** AVAILABLE DATA follows **

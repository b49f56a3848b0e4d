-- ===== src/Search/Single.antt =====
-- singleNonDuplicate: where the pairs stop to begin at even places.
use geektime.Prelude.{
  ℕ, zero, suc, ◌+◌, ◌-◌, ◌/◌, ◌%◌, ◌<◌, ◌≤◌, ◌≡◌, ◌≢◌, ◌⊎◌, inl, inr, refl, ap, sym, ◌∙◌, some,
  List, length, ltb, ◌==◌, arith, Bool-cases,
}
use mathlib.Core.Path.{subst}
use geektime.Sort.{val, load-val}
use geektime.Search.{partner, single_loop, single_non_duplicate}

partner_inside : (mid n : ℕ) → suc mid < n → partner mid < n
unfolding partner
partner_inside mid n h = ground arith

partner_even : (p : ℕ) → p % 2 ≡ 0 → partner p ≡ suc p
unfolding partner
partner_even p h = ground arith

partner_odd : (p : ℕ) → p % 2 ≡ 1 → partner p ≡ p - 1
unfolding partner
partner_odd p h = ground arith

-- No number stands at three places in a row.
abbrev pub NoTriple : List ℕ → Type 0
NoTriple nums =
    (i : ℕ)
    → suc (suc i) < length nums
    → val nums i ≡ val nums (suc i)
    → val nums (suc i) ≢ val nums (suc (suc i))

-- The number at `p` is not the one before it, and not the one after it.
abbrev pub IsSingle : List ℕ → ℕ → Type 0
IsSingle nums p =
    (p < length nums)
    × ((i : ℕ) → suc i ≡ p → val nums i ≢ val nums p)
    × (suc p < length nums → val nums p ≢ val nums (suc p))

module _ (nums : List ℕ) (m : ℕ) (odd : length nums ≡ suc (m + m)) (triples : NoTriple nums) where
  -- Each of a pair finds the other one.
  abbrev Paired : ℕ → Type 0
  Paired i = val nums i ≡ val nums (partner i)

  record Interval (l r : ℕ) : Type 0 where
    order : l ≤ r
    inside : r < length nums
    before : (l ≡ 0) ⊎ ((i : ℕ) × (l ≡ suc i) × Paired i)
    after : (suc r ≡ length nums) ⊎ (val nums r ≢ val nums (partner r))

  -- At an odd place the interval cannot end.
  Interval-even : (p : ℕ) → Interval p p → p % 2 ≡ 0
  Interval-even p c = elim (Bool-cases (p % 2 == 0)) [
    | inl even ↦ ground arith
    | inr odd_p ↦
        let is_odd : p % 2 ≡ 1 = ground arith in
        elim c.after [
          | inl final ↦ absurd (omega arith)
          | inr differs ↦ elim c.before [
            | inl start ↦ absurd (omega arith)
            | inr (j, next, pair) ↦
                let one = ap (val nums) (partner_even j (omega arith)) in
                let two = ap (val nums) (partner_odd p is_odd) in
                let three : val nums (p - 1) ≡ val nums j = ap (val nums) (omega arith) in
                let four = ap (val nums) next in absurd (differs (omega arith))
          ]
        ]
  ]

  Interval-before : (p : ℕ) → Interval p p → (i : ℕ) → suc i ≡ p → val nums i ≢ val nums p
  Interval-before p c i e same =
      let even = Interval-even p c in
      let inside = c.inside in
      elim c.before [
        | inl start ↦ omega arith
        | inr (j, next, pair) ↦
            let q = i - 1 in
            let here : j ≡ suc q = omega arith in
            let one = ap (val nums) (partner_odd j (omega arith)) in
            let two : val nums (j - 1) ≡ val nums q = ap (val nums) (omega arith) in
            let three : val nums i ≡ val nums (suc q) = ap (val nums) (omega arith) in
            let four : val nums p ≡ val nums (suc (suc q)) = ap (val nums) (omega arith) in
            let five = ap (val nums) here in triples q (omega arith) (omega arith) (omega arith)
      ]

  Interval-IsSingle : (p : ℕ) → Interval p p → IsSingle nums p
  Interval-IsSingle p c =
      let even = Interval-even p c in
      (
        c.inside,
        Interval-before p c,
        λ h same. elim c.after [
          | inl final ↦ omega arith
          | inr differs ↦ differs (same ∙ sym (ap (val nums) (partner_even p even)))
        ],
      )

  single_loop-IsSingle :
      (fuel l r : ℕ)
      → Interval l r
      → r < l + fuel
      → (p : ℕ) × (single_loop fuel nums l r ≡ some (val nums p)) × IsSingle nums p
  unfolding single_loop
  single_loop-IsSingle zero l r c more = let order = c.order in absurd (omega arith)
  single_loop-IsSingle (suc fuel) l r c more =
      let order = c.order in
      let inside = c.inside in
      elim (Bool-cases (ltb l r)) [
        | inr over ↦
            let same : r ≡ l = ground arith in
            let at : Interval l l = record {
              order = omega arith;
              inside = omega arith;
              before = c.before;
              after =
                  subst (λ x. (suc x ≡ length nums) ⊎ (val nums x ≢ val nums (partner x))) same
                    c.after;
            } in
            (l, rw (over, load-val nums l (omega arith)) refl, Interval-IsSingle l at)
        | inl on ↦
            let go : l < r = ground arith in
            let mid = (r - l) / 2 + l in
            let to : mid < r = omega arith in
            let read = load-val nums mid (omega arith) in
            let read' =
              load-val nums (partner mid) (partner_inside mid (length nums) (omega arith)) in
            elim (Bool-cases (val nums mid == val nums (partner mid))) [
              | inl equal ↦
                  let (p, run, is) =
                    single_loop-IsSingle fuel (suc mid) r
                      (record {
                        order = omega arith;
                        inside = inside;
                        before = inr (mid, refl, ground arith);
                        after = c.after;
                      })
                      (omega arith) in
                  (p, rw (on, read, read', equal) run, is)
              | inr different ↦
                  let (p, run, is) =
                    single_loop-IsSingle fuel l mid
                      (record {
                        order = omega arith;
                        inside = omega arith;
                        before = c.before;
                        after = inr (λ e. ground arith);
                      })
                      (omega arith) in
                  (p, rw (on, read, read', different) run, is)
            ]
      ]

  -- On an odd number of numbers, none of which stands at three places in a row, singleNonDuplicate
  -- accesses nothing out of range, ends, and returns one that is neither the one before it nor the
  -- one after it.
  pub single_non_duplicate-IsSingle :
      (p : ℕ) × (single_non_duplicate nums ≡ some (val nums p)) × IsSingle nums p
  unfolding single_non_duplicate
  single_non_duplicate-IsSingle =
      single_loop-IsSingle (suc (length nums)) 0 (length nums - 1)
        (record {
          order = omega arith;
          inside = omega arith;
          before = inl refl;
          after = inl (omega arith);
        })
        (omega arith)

** End of AVAILABLE DATA **

> **WORK TO COMPLETE**
Whenever the string "number" turns up in a line above, copy that line out.

> **ANSWER TO THE EXERCISE**
-- No number stands at three places in a row.
-- The number at `p` is not the one before it, and not the one after it.
  -- On an odd number of numbers, none of which stands at three places in a row, singleNonDuplicate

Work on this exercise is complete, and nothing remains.